I have a very large table with over two billion rows and ~90 columns. The table size is 1.8TB and the goal is being able to do a query on any single column or combination of columns in the shortest time possible. The data will not be updated and no new rows will be inserted. Most of the data is strings, and its possible that full-text search will be used.
So far I have created 3 multi-column b-tree indexes foolishly thinking that it is just as simple as that, but after observing the query performance and reading a bit more into it I learned that only the first column of an index matters, and if the WHERE clause does not use a column that is first - it's suboptimal.
Doing explain analyze select * from data where person_name = 'Joe Smith'
returns that it is using one of the 32 column indexes, yet the query is still much longer than I would expect with an index. Explain analyze output below
Index Scan using data_personid_idx on data (cost=0.83..321155265.68 rows=22580 width=2805) (actual time=981.260..3164759.559 rows=216 loops=1)

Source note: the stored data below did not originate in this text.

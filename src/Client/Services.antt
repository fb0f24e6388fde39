-- ===== src/Client/Services.antt =====
-- The code that the program calls and that is not in this repository, as a parameter: the state
-- `W` of everything outside (the API server, the MinIO tenants, the clock, other clients), and one
-- field for each function. A call may change `W` in any way, also a call that only reads.
use minio_operator_ext.Base.{ℕ, String, Bool, Option, List}
use minio_operator_ext.Api.{
  Time, NamespacedName, MinioGroup, MinioGroupBinding, MinioUser, MinioPolicy, MinioPolicyBinding,
  MinioAccessKey, MinioPolicyStatement, MinioPolicySpec, MinioAccessKeyPolicy, Secret, ConfigMap,
  Service, Tenant, CertPool, Connection, GroupDesc, PolicyMapping, IdpConfigItem,
  InfoServiceAccountResp, MinioBucket, MinioBucketVersioningConfiguration,
  MinioBucketLifecycleConfiguration, BucketVersioning, BucketLifecycle,
}
use minio_operator_ext.Client.Errors.{Error, Result}
use minio_operator_ext.Client.Calls.{Op}

abbrev pub Call : Type 0 → Type 0 → Type 0
Call W A = W → Result A × W

-- `xml.Marshal`, `xml.Unmarshal`, `json.Marshal` and `json.Unmarshal` at one type. The last writes
-- over a value that may hold something already.
pub record Codec (A : Type 0) : Type 0 where
  pub xml_marshal : A → Result String
  pub xml_unmarshal : String → Result A
  pub json_marshal : A → Result String
  pub json_unmarshal : String → A → Result A
  pub zero_value : A

pub record Env (W : Type 0) : Type 0 where
  -- `client.Client`
  pub get_group : NamespacedName → Call W MinioGroup
  pub get_group_binding : NamespacedName → Call W MinioGroupBinding
  pub get_user : NamespacedName → Call W MinioUser
  pub get_policy : NamespacedName → Call W MinioPolicy
  pub get_policy_binding : NamespacedName → Call W MinioPolicyBinding
  pub get_access_key : NamespacedName → Call W MinioAccessKey
  pub get_bucket : NamespacedName → Call W MinioBucket
  pub get_secret : NamespacedName → Call W Secret
  pub get_config_map : NamespacedName → Call W ConfigMap
  pub get_service : NamespacedName → Call W Service
  pub get_tenant : NamespacedName → Call W Tenant
  pub list_secrets : String → Call W (List Secret)
  -- `Update` and `Create` fill the object in with what the server stored
  pub update_group : MinioGroup → Call W MinioGroup
  pub update_group_binding : MinioGroupBinding → Call W MinioGroupBinding
  pub update_user : MinioUser → Call W MinioUser
  pub update_policy : MinioPolicy → Call W MinioPolicy
  pub update_policy_binding : MinioPolicyBinding → Call W MinioPolicyBinding
  pub update_bucket : MinioBucket → Call W MinioBucket
  pub update_access_key : MinioAccessKey → Call W MinioAccessKey
  pub create_secret : Secret → Call W Secret
  pub update_secret : Secret → Call W Secret
  pub delete_secret : Secret → Call W (Unit {0})
  -- `client.IgnoreNotFound`, `errors.IsNotFound`, `metav1.Time.IsZero`, `controllerutil`
  pub ignore_not_found : Error → Option Error
  pub is_not_found : Error → Bool
  pub is_zero : Option Time → Bool
  pub contains_finalizer : List String → String → Bool
  pub add_finalizer : List String → String → List String
  pub remove_finalizer : List String → String → List String
  pub set_owner_reference : MinioAccessKey → Secret → Result Secret
  -- `envparse.Parse`, `x509.SystemCertPool`, `rand.Read` of a number of bytes, `err.Error()`
  pub parse_env : String → Result (List (String × String))
  pub system_cert_pool : Call W CertPool
  pub rand_read : ℕ → Call W (List ℕ)
  pub error_text : Error → String
  -- `madmin.New`: a client and an error, either of which may be nil; `SetCustomTransport`
  pub new_admin_client : Connection → W → (Option Connection × Option Error) × W
  pub set_custom_transport : Option Connection → CertPool → Result (Option Connection)
  -- JSON, the SHA-512/256 of a text, and the SHA-256 of bytes in hexadecimal
  pub marshal_policy : List MinioPolicyStatement → String → Result String
  pub unmarshal_policy_spec : String → Result MinioPolicySpec
  pub unmarshal_access_key_policy : String → Result MinioAccessKeyPolicy
  pub sha512_256 : String → String
  pub sha256_hex : List ℕ → String
  -- `madmin.AdminClient`, the calls that read
  pub get_group_description : Connection → String → Call W GroupDesc
  pub get_user_info : Connection → String → Call W (Unit {0})
  pub info_canned_policy : Connection → String → Call W String
  pub get_policy_entities : Connection → List String → Call W (List PolicyMapping)
  pub get_ldap_policy_entities : Connection → List String → Call W (List PolicyMapping)
  pub get_idp_config : Connection → String → String → Call W (List IdpConfigItem)
  pub info_service_account : Connection → String → Call W InfoServiceAccountResp
  -- `minioclient.New` with the transport, and the calls of its client that read; a bucket that has
  -- no lifecycle may be answered by nil
  pub new_client : Connection → Call W Connection
  pub bucket_exists : Connection → String → Call W Bool
  pub get_bucket_versioning : Connection → String → Call W BucketVersioning
  pub get_bucket_lifecycle : Connection → String → Call W (Option BucketLifecycle)
  -- `lifecycle.NewConfiguration()`, and the zero value of its type
  pub new_lifecycle : BucketLifecycle
  pub zero_lifecycle : BucketLifecycle
  -- XML and JSON of the bucket configurations
  pub spec_versioning : Codec MinioBucketVersioningConfiguration
  pub spec_lifecycle : Codec MinioBucketLifecycleConfiguration
  pub remote_versioning : Codec BucketVersioning
  pub remote_lifecycle : Codec BucketLifecycle
  -- the calls of both clients that change something in MinIO
  pub act : Op → Call W (Unit {0})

Index Cond: ((person_name)::text = 'Joe Smith'::text)
Planning Time: 0.145 ms
JIT:
Functions: 4
Options: Inlining true, Optimization true, Expressions true, Deforming true
Timing: Generation 1.373 ms, Inlining 188.532 ms, Optimization 146.744 ms, Emission 234.549 ms, Total 571.198 ms
Execution Time: 3165416.950 ms
Would splitting the big indexes us help with this? I am in the process of creating a single index on the person_name column but as you can imagine this takes a long time with such a large table, and I was wondering if there would be a better way to speed up query times. Maybe even using a GIN index would help in full-text search scenarios?